Senator Graham and many others would do well to heed Nirenberg’s
analyses concerning the interrelationships between Christianity, Judaism, and
Islam:
My goal in them [the ensuing chapters] is simply to convince you that Islam, Christianity, and Judaism have never been independent of each other: that is as neighbors, in close relation to one another, that they have constantly transformed themselves, reinterpreting both their scriptures and their histories. Their pasts are not discrete, independent, or stable, and neither are their presents or their futures. (12)

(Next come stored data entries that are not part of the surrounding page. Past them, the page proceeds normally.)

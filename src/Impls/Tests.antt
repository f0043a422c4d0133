-- ===== src/Impls/Tests.antt =====
-- Runs of the list of the sockets and files.
use jnet_lib.Base.{◌≡◌, refl, none, some, [], ◌∷◌}
use mathlib.Core.List.{Memᴰ}
use jnet_lib.Impls.{Impls, construct, destory, remove, Lives, empty, constructs, destroys}
use jnet_lib.Impls.Refine.{Represents, Lives-Represents}

abbrev no_impls : Impls
no_impls = record { impl_list = none; next = λ x. none; prev = λ x. none }

abbrev three_impls : Impls
three_impls = construct 3 (construct 2 (construct 1 no_impls))

-- The one in the middle goes.
middle_goes : (destory 2 three_impls).next 3 ≡ some 1
unfolding construct destory
middle_goes = refl

middle_back : (destory 2 three_impls).prev 1 ≡ some 3
unfolding construct destory
middle_back = refl

three_Lives : Lives three_impls (3 ∷ 2 ∷ 1 ∷ [])
three_Lives =
    constructs 3
      (constructs 2 (constructs 1 (empty no_impls refl) (λ m. elim m [ ]))
        (λ m. elim m [ Memᴰ.head e ↦ cc e | Memᴰ.tail n ↦ elim n [ ] ]))
      (λ m. elim m [
        | Memᴰ.head e ↦ cc e
        | Memᴰ.tail n ↦ elim n [ Memᴰ.head e ↦ cc e | Memᴰ.tail k ↦ elim k [ ] ]
      ])

two_Lives : Lives (destory 2 three_impls) (remove 2 (3 ∷ 2 ∷ 1 ∷ []))
two_Lives = destroys 2 three_Lives (Memᴰ.tail (Memᴰ.head refl))

Lives-Represents_example : Represents (destory 2 three_impls) (remove 2 (3 ∷ 2 ∷ 1 ∷ []))
Lives-Represents_example =
    Lives-Represents (destory 2 three_impls) (remove 2 (3 ∷ 2 ∷ 1 ∷ [])) two_Lives
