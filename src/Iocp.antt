-- ===== src/Iocp.antt =====
-- The service on Windows: iocp_service.h and iocp_service.cpp. The describer of an operation that was reset is a null
-- pointer; here it is that of `no_error`. Operations are known by their addresses. The kernel is
-- a map of the operations that it has accepted, and a queue of packets, the completion port.
pub mod Delivery
pub mod Send
pub mod Recv
pub mod Line
pub mod Calls
mod Tests
use jnet_lib.Base.{
  ℕ, zero, suc, ◌+◌, ◌%◌, ◌-◌, ◌^◌, ◌<◌, ◌≡◌, Bool, true, false, not, ◌&&◌, Option, none, some,
  List, [], ◌∷◌, ◌++◌, update, ◌==◌, if◌then◌else◌,
}
use jnet_lib.Errors.{ErrorCode, no_error, system_error}

abbrev pub Result : Type 0
Result = ErrorCode × ℕ

-- What the port queues: an operation with the key 0, from the kernel; one with the key
-- `overlapped_contains_result`; and the two packets without an operation, `stop` and `wake_for_dispatch`.
pub data Packet : Type 0 where
  from_kernel contains_result : ℕ → Packet
  interrupt wake_for_dispatch : Packet

-- `ready` and `stored` are `ready_` of the operations and what their OVERLAPPED structures hold. Of the
-- kernel: `accepted` are the operations that it is to complete, `outcome` what it completes them with. Of the threads: `starting`
-- are the operations whose initiating function has not returned, `held` what `do_one` has taken from the port for an
-- operation and not dispatched yet, `dispatchers` the threads that have cleared `dispatch_required`, and `finishing` those that have
-- completed an operation and not counted it. `begun` and `completed` are the results of the operations that were
-- started, and of the calls of `complete`.
pub record Service : Type 0 where
  pub ready : ℕ → Bool
  pub stored : ℕ → Result
  pub port : List Packet
  pub completed_ops : List ℕ
  pub dispatch_required : Bool
  pub outstanding_work : ℕ
  pub stopped : Bool
  pub accepted : ℕ → Bool
  pub outcome : ℕ → Result
  pub starting : ℕ → Bool
  pub held : ℕ → List Result
  pub dispatchers : ℕ
  pub finishing : ℕ
  pub begun : ℕ → List Result
  pub completed : ℕ → List Result

-- The constructor leaves `dispatch_required` as it is.
pub new_service : Bool → Service
new_service dispatch_required = record {
  ready = λ k. false;
  stored = λ k. (no_error, 0);
  port = [];
  completed_ops = [];
  dispatch_required = dispatch_required;
  outstanding_work = 0;
  stopped = false;
  accepted = λ k. false;
  outcome = λ k. (no_error, 0);
  starting = λ k. false;
  held = λ k. [];
  dispatchers = 0;
  finishing = 0;
  begun = λ k. [];
  completed = λ k. [];
}

-- `ok` says whether PostQueuedCompletionStatus succeeds; if it fails the operation is kept for later.
abbrev pub post_packet : Bool → ℕ → Service → Service
post_packet ok k s =
    if ok
    then record s { port = s.port ++ (contains_result k ∷ []) }
    else record s { completed_ops = s.completed_ops ++ (k ∷ []); dispatch_required = true }

abbrev pub flag_ready : ℕ → Service → Service
flag_ready k s = record s { ready = update s.ready k true }

abbrev pub store_result : ℕ → Result → Service → Service
store_result k r s = record s { ready = update s.ready k true; stored = update s.stored k r }

pub post_deferred_completion : Bool → ℕ → Service → Service
post_deferred_completion ok k s = post_packet ok k (flag_ready k s)

-- `n` packets can be posted before one fails.
pub post_deferred_completions : (n : ℕ) → List ℕ → Service → Service
post_deferred_completions n [] s = s
post_deferred_completions zero (k ∷ ks) s = record s {
  ready = update s.ready k true;
  completed_ops = s.completed_ops ++ (k ∷ ks);
  dispatch_required = true;
}
post_deferred_completions (suc n) (k ∷ ks) s =
    post_deferred_completions n ks
      (record s { ready = update s.ready k true; port = s.port ++ (contains_result k ∷ []) })

pub on_pending : Bool → ℕ → Service → Service
on_pending ok k s = if s.ready k then post_packet ok k s else flag_ready k s

pub on_completion : Bool → ℕ → Result → Service → Service
on_completion ok k r s = post_packet ok k (store_result k r s)

pub work_started : Service → Service
work_started s = record s { outstanding_work = (s.outstanding_work + 1) % 2 ^ 32 }

-- `error` is what GetLastError gives when the packet cannot be posted.
pub stop : Option ℕ → Service → Service × ErrorCode
stop error s =
    let s' = record s { stopped = true } in
    let posted = record s' { port = s.port ++ (interrupt ∷ []) } in
    if s.stopped
    then (s', no_error)
    else elim error [ none ↦ (posted, no_error) | some e ↦ (s', system_error e) ]

pub work_finished : Option ℕ → Service → Service
work_finished error s =
    let s' = record s { outstanding_work = (s.outstanding_work + 2 ^ 32 - 1) % 2 ^ 32 } in
    if s'.outstanding_work == 0 then (stop error s').0 else s'

-- The head of the loop of `do_one`: the exchange, and what is done under the lock.
pub acquire_dispatch : Service → Service
acquire_dispatch s =
    if s.dispatch_required
    then record s { dispatch_required = false; dispatchers = s.dispatchers + 1 }
    else s

pub dispatch_completed : ℕ → Service → Service
dispatch_completed n s =
    post_deferred_completions n s.completed_ops
      (record s { completed_ops = []; dispatchers = s.dispatchers - 1 })

-- A packet without an operation: the thread leaves the loop with an error code, or goes on; `error` is as in `stop`.
pub take_interrupt : Option ℕ → List Packet → Service → Service × Option ErrorCode
take_interrupt error ps s =
    let s' = record s { port = ps } in
    if s.stopped
    then elim error [
      | none ↦ (record s { port = ps ++ (interrupt ∷ []) }, some no_error)
      | some e ↦ (s', some (system_error e))
    ]
    else (s', none)

-- What GetQueuedCompletionStatus gives, up to the test of `ready_`.
pub take_packet : Option ℕ → Packet → List Packet → Service → Service × Option ErrorCode
take_packet error (from_kernel k) ps s = (
  record s {
    port = ps;
    stored = update s.stored k (s.outcome k);
    held = update s.held k (s.held k ++ (s.outcome k ∷ []));
  },
  none,
)
take_packet error (contains_result k) ps s =
    (record s { port = ps; held = update s.held k (s.held k ++ (s.stored k ∷ [])) }, none)
take_packet error wake_for_dispatch ps s = (record s { port = ps }, none)
take_packet error interrupt ps s = take_interrupt error ps s

-- The test of `ready_`, with the call of `complete` if it was set. `rest` is what other threads hold.
pub claim : ℕ → Result → (rest : List Result) → Service → Service
claim k r rest s =
    if s.ready k
    then record s {
      held = update s.held k rest;
      completed = update s.completed k (s.completed k ++ (r ∷ []));
      finishing = s.finishing + 1;
    }
    else record s { held = update s.held k rest; ready = update s.ready k true }

-- The destructor of `work_finished_on_block_exit`.
pub finish : Option ℕ → Service → Service
finish error s = work_finished error (record s { finishing = s.finishing - 1 })

-- A program's operation at `k`: it is new or was reset, is counted, and is handed to the kernel.
abbrev pub reset : ℕ → Service → Service
reset k s = record s { ready = update s.ready k false; stored = update s.stored k (no_error, 0) }

abbrev pub started : ℕ → Result → Service → Service
started k r s = record s {
  outcome = update s.outcome k r;
  begun = update s.begun k (s.begun k ++ (r ∷ []));
}

abbrev pub counted : ℕ → Result → Service → Service
counted k r s = work_started (reset k (started k r s))

pub begin_overlapped : ℕ → Result → Service → Service
begin_overlapped k r s =
    let s' = counted k r s in
    record s' { accepted = update s.accepted k true; starting = update s.starting k true }

-- One that the kernel refuses, and `post` with an error code.
pub begin_completed : Bool → ℕ → Result → Service → Service
begin_completed ok k r s = on_completion ok k r (counted k r s)

-- `post` without an error code: the operation completes with what `reset` has stored.
pub begin_posted : Bool → ℕ → Service → Service
begin_posted ok k s = post_deferred_completion ok k (counted k (no_error, 0) s)

abbrev pub kernel_completes : ℕ → Service → Service
kernel_completes k s = record s {
  accepted = update s.accepted k false;
  port = s.port ++ (from_kernel k ∷ []);
}

-- The end of an initiating function whose operation the kernel has accepted.
pub end_overlapped : Bool → ℕ → Service → Service
end_overlapped ok k s = on_pending ok k (record s { starting = update s.starting k false })

-- What the threads and the kernel do. An operation is started when what was started before is complete.
pub data Step (s : Service) : Service → Type 0 where
  begins : (k : ℕ) (r : Result) → s.begun k ≡ s.completed k → Step s (begin_overlapped k r s)
  fails :
      (ok : Bool) (k : ℕ) (r : Result)
      → s.begun k ≡ s.completed k
      → Step s (begin_completed ok k r s)
  posts : (ok : Bool) (k : ℕ) → s.begun k ≡ s.completed k → Step s (begin_posted ok k s)
  kernel : (k : ℕ) → s.accepted k ≡ true → Step s (kernel_completes k s)
  returns : (ok : Bool) (k : ℕ) → s.starting k ≡ true → Step s (end_overlapped ok k s)
  takes :
      (error : Option ℕ) (p : Packet) (ps : List Packet)
      → s.port ≡ p ∷ ps
      → Step s (take_packet error p ps s).0
  claims :
      (k : ℕ) (r : Result) (rest : List Result) → s.held k ≡ r ∷ rest → Step s (claim k r rest s)
  finishes : (error : Option ℕ) → 0 < s.finishing → Step s (finish error s)
  acquires : Step s (acquire_dispatch s)
  dispatches : (n : ℕ) → 0 < s.dispatchers → Step s (dispatch_completed n s)
  stops : (error : Option ℕ) → Step s (stop error s).0

pub data Steps (s : Service) : Service → Type 0 where
  here : Steps s s
  next : {u v : Service} → Steps s u → Step u v → Steps s v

Total annihilation can never be good public policy, and
most importantly, it’s a blood-tinged fantasy that ultimately seeks to forget
how much our neighbors mean to us, even (and sadly, perhaps especially) when we
kill them.
2 comments:
Radical Islam in the sense the Senator surely meant is not the same as Islam any more than Nazism was the same as Germany. Radical Islam plays a very similar role in Islam (the civilisation) as Nazism did within Western civilisation -- a modernising revolt against modernity; using an atavistic conception of a warrior past to both revolt against, and adapt to, modernity. In both cases, their ambitions are/were not really negotiable with. Regrettable but true.
Also, the post you linked to is not entirely correct. Is ISIS really so different from the Almohades, or Almoravids, for example?